> WHAT IS NEEDED
Transcribe the records in full, keeping every character as it is.

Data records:
"""

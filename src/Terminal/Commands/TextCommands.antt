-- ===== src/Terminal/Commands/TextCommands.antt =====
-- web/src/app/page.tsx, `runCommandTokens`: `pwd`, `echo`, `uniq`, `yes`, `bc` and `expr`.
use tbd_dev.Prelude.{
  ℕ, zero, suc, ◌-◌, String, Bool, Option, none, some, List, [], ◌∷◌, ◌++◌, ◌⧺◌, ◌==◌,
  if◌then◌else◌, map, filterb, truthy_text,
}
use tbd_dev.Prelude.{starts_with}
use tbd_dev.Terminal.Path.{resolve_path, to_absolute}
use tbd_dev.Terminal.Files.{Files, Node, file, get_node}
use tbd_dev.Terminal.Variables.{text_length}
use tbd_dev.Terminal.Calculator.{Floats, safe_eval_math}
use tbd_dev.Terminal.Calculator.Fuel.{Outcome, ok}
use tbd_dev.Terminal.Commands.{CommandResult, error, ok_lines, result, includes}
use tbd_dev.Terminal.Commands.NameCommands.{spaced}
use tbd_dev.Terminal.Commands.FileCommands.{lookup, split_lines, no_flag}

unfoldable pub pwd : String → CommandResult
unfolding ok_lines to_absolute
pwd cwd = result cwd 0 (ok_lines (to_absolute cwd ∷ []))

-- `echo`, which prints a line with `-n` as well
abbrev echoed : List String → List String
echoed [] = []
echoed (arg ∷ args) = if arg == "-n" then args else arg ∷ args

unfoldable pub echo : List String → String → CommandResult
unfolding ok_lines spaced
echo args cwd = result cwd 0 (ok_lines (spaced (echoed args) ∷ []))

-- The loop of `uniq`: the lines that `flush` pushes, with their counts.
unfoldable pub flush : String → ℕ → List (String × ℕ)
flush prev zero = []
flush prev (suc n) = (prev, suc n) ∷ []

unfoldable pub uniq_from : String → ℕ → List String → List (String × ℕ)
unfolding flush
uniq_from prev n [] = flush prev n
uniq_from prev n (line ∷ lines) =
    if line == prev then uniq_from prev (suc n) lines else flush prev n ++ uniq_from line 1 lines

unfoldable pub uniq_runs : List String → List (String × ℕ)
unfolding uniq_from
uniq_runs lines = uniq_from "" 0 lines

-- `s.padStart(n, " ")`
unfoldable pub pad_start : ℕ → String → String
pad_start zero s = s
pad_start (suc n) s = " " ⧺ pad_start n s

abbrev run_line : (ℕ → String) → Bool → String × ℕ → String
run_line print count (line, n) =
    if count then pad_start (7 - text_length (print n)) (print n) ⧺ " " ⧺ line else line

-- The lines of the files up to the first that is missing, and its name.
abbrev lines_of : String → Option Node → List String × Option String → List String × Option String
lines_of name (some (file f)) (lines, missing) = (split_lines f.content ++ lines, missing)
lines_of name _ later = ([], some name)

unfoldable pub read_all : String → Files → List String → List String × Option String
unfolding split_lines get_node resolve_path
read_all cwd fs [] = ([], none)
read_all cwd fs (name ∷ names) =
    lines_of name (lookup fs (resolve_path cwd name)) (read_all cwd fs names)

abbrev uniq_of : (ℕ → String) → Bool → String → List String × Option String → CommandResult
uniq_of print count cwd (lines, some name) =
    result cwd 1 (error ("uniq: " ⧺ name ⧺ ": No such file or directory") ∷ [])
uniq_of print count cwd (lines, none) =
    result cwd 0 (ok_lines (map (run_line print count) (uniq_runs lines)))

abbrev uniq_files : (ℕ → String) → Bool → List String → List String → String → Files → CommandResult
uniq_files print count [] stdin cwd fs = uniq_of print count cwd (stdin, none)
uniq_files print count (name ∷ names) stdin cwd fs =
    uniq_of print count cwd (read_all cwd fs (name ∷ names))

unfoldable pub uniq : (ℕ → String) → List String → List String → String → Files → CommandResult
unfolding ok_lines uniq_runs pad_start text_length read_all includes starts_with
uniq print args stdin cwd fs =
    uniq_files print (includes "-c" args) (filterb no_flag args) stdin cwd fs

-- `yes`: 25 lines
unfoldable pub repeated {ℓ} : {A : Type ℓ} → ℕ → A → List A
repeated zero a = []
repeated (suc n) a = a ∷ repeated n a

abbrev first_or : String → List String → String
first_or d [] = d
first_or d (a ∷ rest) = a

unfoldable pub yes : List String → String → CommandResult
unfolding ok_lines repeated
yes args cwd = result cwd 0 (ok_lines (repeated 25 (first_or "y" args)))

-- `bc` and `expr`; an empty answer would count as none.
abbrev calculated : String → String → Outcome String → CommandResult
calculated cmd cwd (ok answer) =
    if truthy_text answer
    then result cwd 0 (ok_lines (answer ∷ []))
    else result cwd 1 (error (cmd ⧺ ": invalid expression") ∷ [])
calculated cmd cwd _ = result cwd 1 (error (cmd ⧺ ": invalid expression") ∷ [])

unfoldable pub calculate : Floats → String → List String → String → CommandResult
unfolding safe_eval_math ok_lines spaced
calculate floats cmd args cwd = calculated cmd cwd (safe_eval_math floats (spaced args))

"""

> TASK ANSWER
filename src/Terminal/Commands/TextCommands.antt
-- ===== src/Terminal/Commands/TextCommands.antt =====
-- web/src/app/page.tsx, `runCommandTokens`: `pwd`, `echo`, `uniq`, `yes`, `bc` and `expr`.
use tbd_dev.Prelude.{
  ℕ, zero, suc, ◌-◌, String, Bool, Option, none, some, List, [], ◌∷◌, ◌++◌, ◌⧺◌, ◌==◌,
  if◌then◌else◌, map, filterb, truthy_text,
}
use tbd_dev.Prelude.{starts_with}
use tbd_dev.Terminal.Path.{resolve_path, to_absolute}
use tbd_dev.Terminal.Files.{Files, Node, file, get_node}
use tbd_dev.Terminal.Variables.{text_length}
use tbd_dev.Terminal.Calculator.{Floats, safe_eval_math}
use tbd_dev.Terminal.Calculator.Fuel.{Outcome, ok}
use tbd_dev.Terminal.Commands.{CommandResult, error, ok_lines, result, includes}
use tbd_dev.Terminal.Commands.NameCommands.{spaced}
use tbd_dev.Terminal.Commands.FileCommands.{lookup, split_lines, no_flag}

unfoldable pub pwd : String → CommandResult
unfolding ok_lines to_absolute
pwd cwd = result cwd 0 (ok_lines (to_absolute cwd ∷ []))

-- `echo`, which prints a line with `-n` as well
abbrev echoed : List String → List String
echoed [] = []
echoed (arg ∷ args) = if arg == "-n" then args else arg ∷ args

unfoldable pub echo : List String → String → CommandResult
unfolding ok_lines spaced
echo args cwd = result cwd 0 (ok_lines (spaced (echoed args) ∷ []))

-- The loop of `uniq`: the lines that `flush` pushes, with their counts.
unfoldable pub flush : String → ℕ → List (String × ℕ)
flush prev zero = []
flush prev (suc n) = (prev, suc n) ∷ []

unfoldable pub uniq_from : String → ℕ → List String → List (String × ℕ)
unfolding flush
uniq_from prev n [] = flush prev n
uniq_from prev n (line ∷ lines) =
    if line == prev then uniq_from prev (suc n) lines else flush prev n ++ uniq_from line 1 lines

unfoldable pub uniq_runs : List String → List (String × ℕ)
unfolding uniq_from
uniq_runs lines = uniq_from "" 0 lines

-- `s.padStart(n, " ")`
unfoldable pub pad_start : ℕ → String → String
pad_start zero s = s
pad_start (suc n) s = " " ⧺ pad_start n s

abbrev run_line : (ℕ → String) → Bool → String × ℕ → String
run_line print count (line, n) =
    if count then pad_start (7 - text_length (print n)) (print n) ⧺ " " ⧺ line else line

-- The lines of the files up to the first that is missing, and its name.
abbrev lines_of : String → Option Node → List String × Option String → List String × Option String
lines_of name (some (file f)) (lines, missing) = (split_lines f.content ++ lines, missing)
lines_of name _ later = ([], some name)

unfoldable pub read_all : String → Files → List String → List String × Option String
unfolding split_lines get_node resolve_path
read_all cwd fs [] = ([], none)
read_all cwd fs (name ∷ names) =
    lines_of name (lookup fs (resolve_path cwd name)) (read_all cwd fs names)

abbrev uniq_of : (ℕ → String) → Bool → String → List String × Option String → CommandResult
uniq_of print count cwd (lines, some name) =
    result cwd 1 (error ("uniq: " ⧺ name ⧺ ": No such file or directory") ∷ [])
uniq_of print count cwd (lines, none) =
    result cwd 0 (ok_lines (map (run_line print count) (uniq_runs lines)))

abbrev uniq_files : (ℕ → String) → Bool → List String → List String → String → Files → CommandResult
uniq_files print count [] stdin cwd fs = uniq_of print count cwd (stdin, none)
uniq_files print count (name ∷ names) stdin cwd fs =
    uniq_of print count cwd (read_all cwd fs (name ∷ names))

unfoldable pub uniq : (ℕ → String) → List String → List String → String → Files → CommandResult
unfolding ok_lines uniq_runs pad_start text_length read_all includes starts_with
uniq print args stdin cwd fs =
    uniq_files print (includes "-c" args) (filterb no_flag args) stdin cwd fs

-- `yes`: 25 lines
unfoldable pub repeated {ℓ} : {A : Type ℓ} → ℕ → A → List A
repeated zero a = []
repeated (suc n) a = a ∷ repeated n a

abbrev first_or : String → List String → String
first_or d [] = d
first_or d (a ∷ rest) = a

unfoldable pub yes : List String → String → CommandResult
unfolding ok_lines repeated
yes args cwd = result cwd 0 (ok_lines (repeated 25 (first_or "y" args)))

-- `bc` and `expr`; an empty answer would count as none.
abbrev calculated : String → String → Outcome String → CommandResult
calculated cmd cwd (ok answer) =
    if truthy_text answer
    then result cwd 0 (ok_lines (answer ∷ []))
    else result cwd 1 (error (cmd ⧺ ": invalid expression") ∷ [])
calculated cmd cwd _ = result cwd 1 (error (cmd ⧺ ": invalid expression") ∷ [])

unfoldable pub calculate : Floats → String → List String → String → CommandResult
unfolding safe_eval_math ok_lines spaced
calculate floats cmd args cwd = calculated cmd cwd (safe_eval_math floats (spaced args))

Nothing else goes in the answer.